A general liability policy does many things. But at its core, its purpose is to protect the company when it’s held liable for a third party’s bodily injury, property damage, personal injury or advertising injury.
Let’s take a look at Episode 11 (“Booze Cruise”) where Michael was ordered by corporate to give a presentation on leadership to his employees. He haphazardly used the metaphor of a sinking ship (while on a ship) to illustrate the concept of prioritization:
“In five minutes, this ship is going to be at the bottom of the lake! And there aren’t enough spaces on the lifeboat! Who are we gonna save? Do we save sales? Do we save customer service? Do we save accounting?”
The metaphor was lost, tragically, on one innocent bystander who grabbed a life vest, opened the nearest window, and jumped into the lake. Now, this character apparently just got wet; nothing more serious happened.
But if he had hit his head, twisted an ankle, or worse, Dunder Mifflin would likely have been held liable (either by the injured party, the boat operator or their insurance companies) for any medical expenses and additional injury caused to this person due to Michael’s actions.
The Office episode entitled “Stress Relief” showed us how easy it is for a small business to be held liable for damage to the property of a third party.
In this episode, Dwight tries to disembowel a CPR dummy in an effort to preserve vital CPR dummy donor organs. But he doesn’t stop there: he also tries to carve the dummy’s face off to test the validity of a scene from The Silence of the Lambs (it’s business–it happens sometimes.)
If you’re a boss and find yourself on the hook for a $5,300 CPR dummy, you’ll be grateful for an insurance policy that protects you, right?

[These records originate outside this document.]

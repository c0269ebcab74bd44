-- ===== src/Prelude/Print.antt =====
-- The decimal print of an unsigned integer of at most 64 bits, as `Display` writes it, and the read
-- of it.
use Prim.Native.Nat.{ℕ, zero, suc, ◌+◌, ◌*◌, ◌/◌, ◌%◌, ◌^◌, ◌≤◌, ◌<◌}
use mathlib.Core.Path.{◌≡◌, refl, ◌∙◌}
use mathlib.Core.Bool.{Bool, true, false}
use mathlib.Core.Option.{some}
use mathlib.Core.List.{List, [], ◌∷◌}
use mathlib.Core.Logic.{inl, inr}
use native.Mathlib.Omega.{arith}
use nux_auth.Prelude.Tests.{ltb, ◌==◌, if◌then◌else◌, Bool-cases}
use nux_auth.Prelude.Lists.{All}
use nux_auth.Prelude.Decimal.{is_digit, digits, parse_uint}

-- As many digits as are left are written in front of `out`.
unfoldable pub show : ℕ → ℕ → List ℕ → List ℕ
show zero n out = out
show (suc left) n out =
    let rest = show left (n / 10) ((48 + n % 10) ∷ out) in if ltb n 10 then (48 + n) ∷ out else rest

-- Twenty digits are enough for 2^64 - 1.
unfoldable pub print : ℕ → List ℕ
unfolding show
print n = show 20 n []

abbrev pub ten_to : ℕ → ℕ
ten_to zero = 1
ten_to (suc left) = 10 * ten_to left

digits-show :
    (left n : ℕ) (out : List ℕ)
    → n < ten_to left
    → 0 < left
    → digits 0 (show left n out) ≡ digits n out
unfolding show
digits-show zero n out fits some_left = absurd (omega arith)
digits-show (suc zero) n out fits some_left = ground arith
digits-show (suc (suc left)) n out fits some_left =
    let d = 48 + n % 10 in
    let later = digits-show (suc left) (n / 10) (d ∷ out) (omega arith) (omega arith) in
    elim (Bool-cases (ltb n 10)) [
      | inl last ↦ ground arith
      | inr more ↦ rw more (later ∙ ground arith)
    ]

abbrev pub IsDigits : List ℕ → Type 0
IsDigits = All (λ c. is_digit c ≡ true)

-- Something is written, and only digits.
show-IsDigits : (left n : ℕ) (out : List ℕ) → IsDigits out → IsDigits (show left n out)
unfolding show
show-IsDigits zero n out d = d
show-IsDigits (suc left) n out d =
    let later = show-IsDigits left (n / 10) ((48 + n % 10) ∷ out) (ground arith, d) in
    elim (Bool-cases (ltb n 10)) [ inl last ↦ rw last (ground arith, d) | inr more ↦ rw more later ]

abbrev is_blank : List ℕ → Bool
is_blank [] = true
is_blank (c ∷ cs) = false

show-written : (left n c : ℕ) (out : List ℕ) → is_blank (show left n (c ∷ out)) ≡ false
unfolding show
show-written zero n c out = refl
show-written (suc left) n c out = ground (arith, show-written left (n / 10) (48 + n % 10) (c ∷ out))

digits-print : (n : ℕ) → n < 2 ^ 64 → digits 0 (print n) ≡ some n
unfolding print
digits-print n word = digits-show 20 n [] (omega arith) (omega arith)

pub print-IsDigits : (n : ℕ) → IsDigits (print n)
unfolding print
print-IsDigits n = show-IsDigits 20 n [] tt

print-written : (n : ℕ) → is_blank (print n) ≡ false
unfolding print show
print-written n = ground (arith, show-written 19 (n / 10) (48 + n % 10) [])

parse_uint-digits :
    (largest n : ℕ) (text : List ℕ)
    → IsDigits text
    → is_blank text ≡ false
    → digits 0 text ≡ some n
    → n ≤ largest
    → parse_uint largest text ≡ some n
unfolding parse_uint
parse_uint-digits largest n [] d written h fits = absurd (ground arith)
parse_uint-digits largest n (c ∷ cs) d written h fits =
    let plain : (c == 43) ≡ false = ground (arith, d.0) in ground (arith, plain, h)

-- What is printed is read back.
pub parse_uint-print :
    (largest n : ℕ) → n ≤ largest → n < 2 ^ 64 → parse_uint largest (print n) ≡ some n
parse_uint-print largest n fits word =
    parse_uint-digits largest n (print n) (print-IsDigits n) (print-written n) (digits-print n word)
      fits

In “The Cover-Up”, Darryl pranks Andy into becoming a whistleblower on a dangerous electrical flaw in Sabre’s printers. Even though it was a hoax, the printer actually ignites.
From an insurance perspective, Sabre has some potentially crippling product liability on its hands.

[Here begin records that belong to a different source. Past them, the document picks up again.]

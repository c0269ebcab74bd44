-- ===== src/Relay.antt =====
-- nodes_relay/src: the relay's counters and the loop that keeps them (metrics.rs, main.rs). The
-- circuits and the rendezvous are libp2p's; its events are the input.
pub mod Key
pub mod Counts
pub mod Start
mod Tests
use nux_auth.Prelude.{ℕ, List, [], ◌∷◌}
use nux_auth.Metrics.{fetch_add, fetch_sub}

pub record Metrics : Type 0 where
  pub reservations_total : ℕ
  pub reservations_denied_total : ℕ
  pub reservations_expired_total : ℕ
  pub circuits_opened_total : ℕ
  pub circuits_active : ℕ

abbrev pub default : Metrics
default = record {
  reservations_total = 0;
  reservations_denied_total = 0;
  reservations_expired_total = 0;
  circuits_opened_total = 0;
  circuits_active = 0;
}

-- The events of the relay that are counted; `printed` stands for all others.
pub data Event : Type 0 where
  reservation_req_accepted reservation_req_denied reservation_timed_out : Event
  circuit_req_accepted circuit_closed printed : Event

unfoldable pub record_reservation_accepted : Metrics → Metrics
record_reservation_accepted m = record m { reservations_total = fetch_add m.reservations_total 1 }

unfoldable pub record_reservation_denied : Metrics → Metrics
record_reservation_denied m = record m {
  reservations_denied_total = fetch_add m.reservations_denied_total 1;
}

unfoldable pub record_reservation_expired : Metrics → Metrics
record_reservation_expired m = record m {
  reservations_expired_total = fetch_add m.reservations_expired_total 1;
}

unfoldable pub record_circuit_opened : Metrics → Metrics
record_circuit_opened m = record m {
  circuits_opened_total = fetch_add m.circuits_opened_total 1;
  circuits_active = fetch_add m.circuits_active 1;
}

unfoldable pub record_circuit_closed : Metrics → Metrics
record_circuit_closed m = record m { circuits_active = fetch_sub m.circuits_active 1 }

-- One turn of the loop.
unfoldable pub on_event : Metrics → Event → Metrics
unfolding record_reservation_accepted record_reservation_denied record_reservation_expired
    record_circuit_opened record_circuit_closed
on_event m reservation_req_accepted = record_reservation_accepted m
on_event m reservation_req_denied = record_reservation_denied m
on_event m reservation_timed_out = record_reservation_expired m
on_event m circuit_req_accepted = record_circuit_opened m
on_event m circuit_closed = record_circuit_closed m
on_event m printed = m

unfoldable pub event_loop : Metrics → List Event → Metrics
unfolding on_event
event_loop m [] = m
event_loop m (e ∷ es) = event_loop (on_event m e) es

If one of these printers catches fire and causes a nearby house to burn down, they have a huge, public and potentially tragic loss on their hands. If this problem is systemic, they could be looking at massive suits from a large number of claimants.

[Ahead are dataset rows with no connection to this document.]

-- ===== src/Exposition.antt =====
-- crates/nux-core/src/metrics.rs and nodes_relay/src/metrics.rs, `to_prometheus_text`: the counters
-- in the text format of Prometheus. A text is the list of its characters, as their code points.
pub mod Reader
pub mod Guards
pub mod Relays
pub mod Writer
mod Tests
use Prim.Native.Char.{code}
use Prim.Native.String.{String}
use nux_auth.Prelude.{ℕ, List, [], ◌∷◌, ◌++◌}
use nux_auth.Prelude.Print.{print}
use nux_auth.Metrics.{Metrics}
use nux_auth.Relay as Relay

abbrev pub codes : String → List ℕ
codes String.[] = []
codes (String.◌∷◌ c s) = code c ∷ codes s

abbrev pub newline : ℕ
newline = 10

-- The three lines of one metric in the format string, with the value in the place of `{}`.
unfoldable pub metric : List ℕ → List ℕ → List ℕ → ℕ → List ℕ → List ℕ
metric name help kind value rest =
    (codes "# HELP " ++ (name ++ (32 ∷ help)))
    ++ (newline
        ∷ ((codes "# TYPE " ++ (name ++ (32 ∷ kind)))
            ++ (newline ∷ ((name ++ (32 ∷ print value)) ++ (newline ∷ rest)))))

abbrev pub counter : List ℕ
counter = codes "counter"

abbrev pub gauge : List ℕ
gauge = codes "gauge"

-- The lines of help.
abbrev pub auth_granted_help : List ℕ
auth_granted_help = codes "Authentifications réussies."

abbrev pub auth_denied_help : List ℕ
auth_denied_help =
    codes "Authentifications refusées (pair inconnu, signature invalide, arrêt en cours)."

abbrev pub tunnels_opened_help : List ℕ
tunnels_opened_help = codes "Tunnels établis avec succès (acquittement envoyé)."

abbrev pub tunnels_denied_help : List ℕ
tunnels_denied_help = codes "Flux tunnel abandonnés avant établissement (silence radio)."

abbrev pub tunnels_active_help : List ℕ
tunnels_active_help = codes "Tunnels actuellement en cours de relais."

abbrev pub bytes_from_peer_help : List ℕ
bytes_from_peer_help = codes "Octets reçus du pair et relayés vers le service local."

abbrev pub bytes_to_peer_help : List ℕ
bytes_to_peer_help = codes "Octets reçus du service local et relayés vers le pair."

abbrev pub reservations_help : List ℕ
reservations_help = codes "Réservations de circuit acceptées."

abbrev pub reservations_denied_help : List ℕ
reservations_denied_help = codes "Réservations de circuit refusées."

abbrev pub reservations_expired_help : List ℕ
reservations_expired_help = codes "Réservations de circuit expirées."

abbrev pub circuits_opened_help : List ℕ
circuits_opened_help = codes "Circuits relayés établis avec succès."

abbrev pub circuits_active_help : List ℕ
circuits_active_help = codes "Circuits relayés actuellement ouverts."

unfoldable pub to_prometheus_text : Metrics → List ℕ
unfolding metric
to_prometheus_text m =
    metric (codes "nux_auth_granted_total") auth_granted_help counter m.auth_granted (
      metric (codes "nux_auth_denied_total") auth_denied_help counter m.auth_denied (
        metric (codes "nux_tunnels_opened_total") tunnels_opened_help counter m.tunnels_opened (
          metric (codes "nux_tunnels_denied_total") tunnels_denied_help counter m.tunnels_denied (
            metric (codes "nux_tunnels_active") tunnels_active_help gauge m.tunnels_active (
              metric (codes "nux_bytes_from_peer_total") bytes_from_peer_help counter
                m.bytes_from_peer
                (metric (codes "nux_bytes_to_peer_total") bytes_to_peer_help counter m.bytes_to_peer
                  []))))))

unfoldable pub relay_prometheus_text : Relay.Metrics → List ℕ
unfolding metric
relay_prometheus_text m =
    metric (codes "nux_relay_reservations_total") reservations_help counter m.reservations_total (
      metric (codes "nux_relay_reservations_denied_total") reservations_denied_help counter
        m.reservations_denied_total
        (metric (codes "nux_relay_reservations_expired_total") reservations_expired_help counter
          m.reservations_expired_total
          (metric (codes "nux_relay_circuits_opened_total") circuits_opened_help counter
            m.circuits_opened_total
            (metric (codes "nux_relay_circuits_active") circuits_active_help gauge m.circuits_active
              []))))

Bear in mind that this doesn’t include whatever recall and regulatory costs might be incurred as a result of the defect (risks that can be covered by different insurance policies).
False arrest, detention, or imprisonment: detaining a person unlawfully on groundless accusations that the person has committed a crime.“Launch Party” should serve as a cautionary tale for pizza parlors and coupon aficionados the world over. In this episode, a pizza delivery man is held hostage by one of the employees at Dunder Mifflin for not adhering to the terms of a coupon.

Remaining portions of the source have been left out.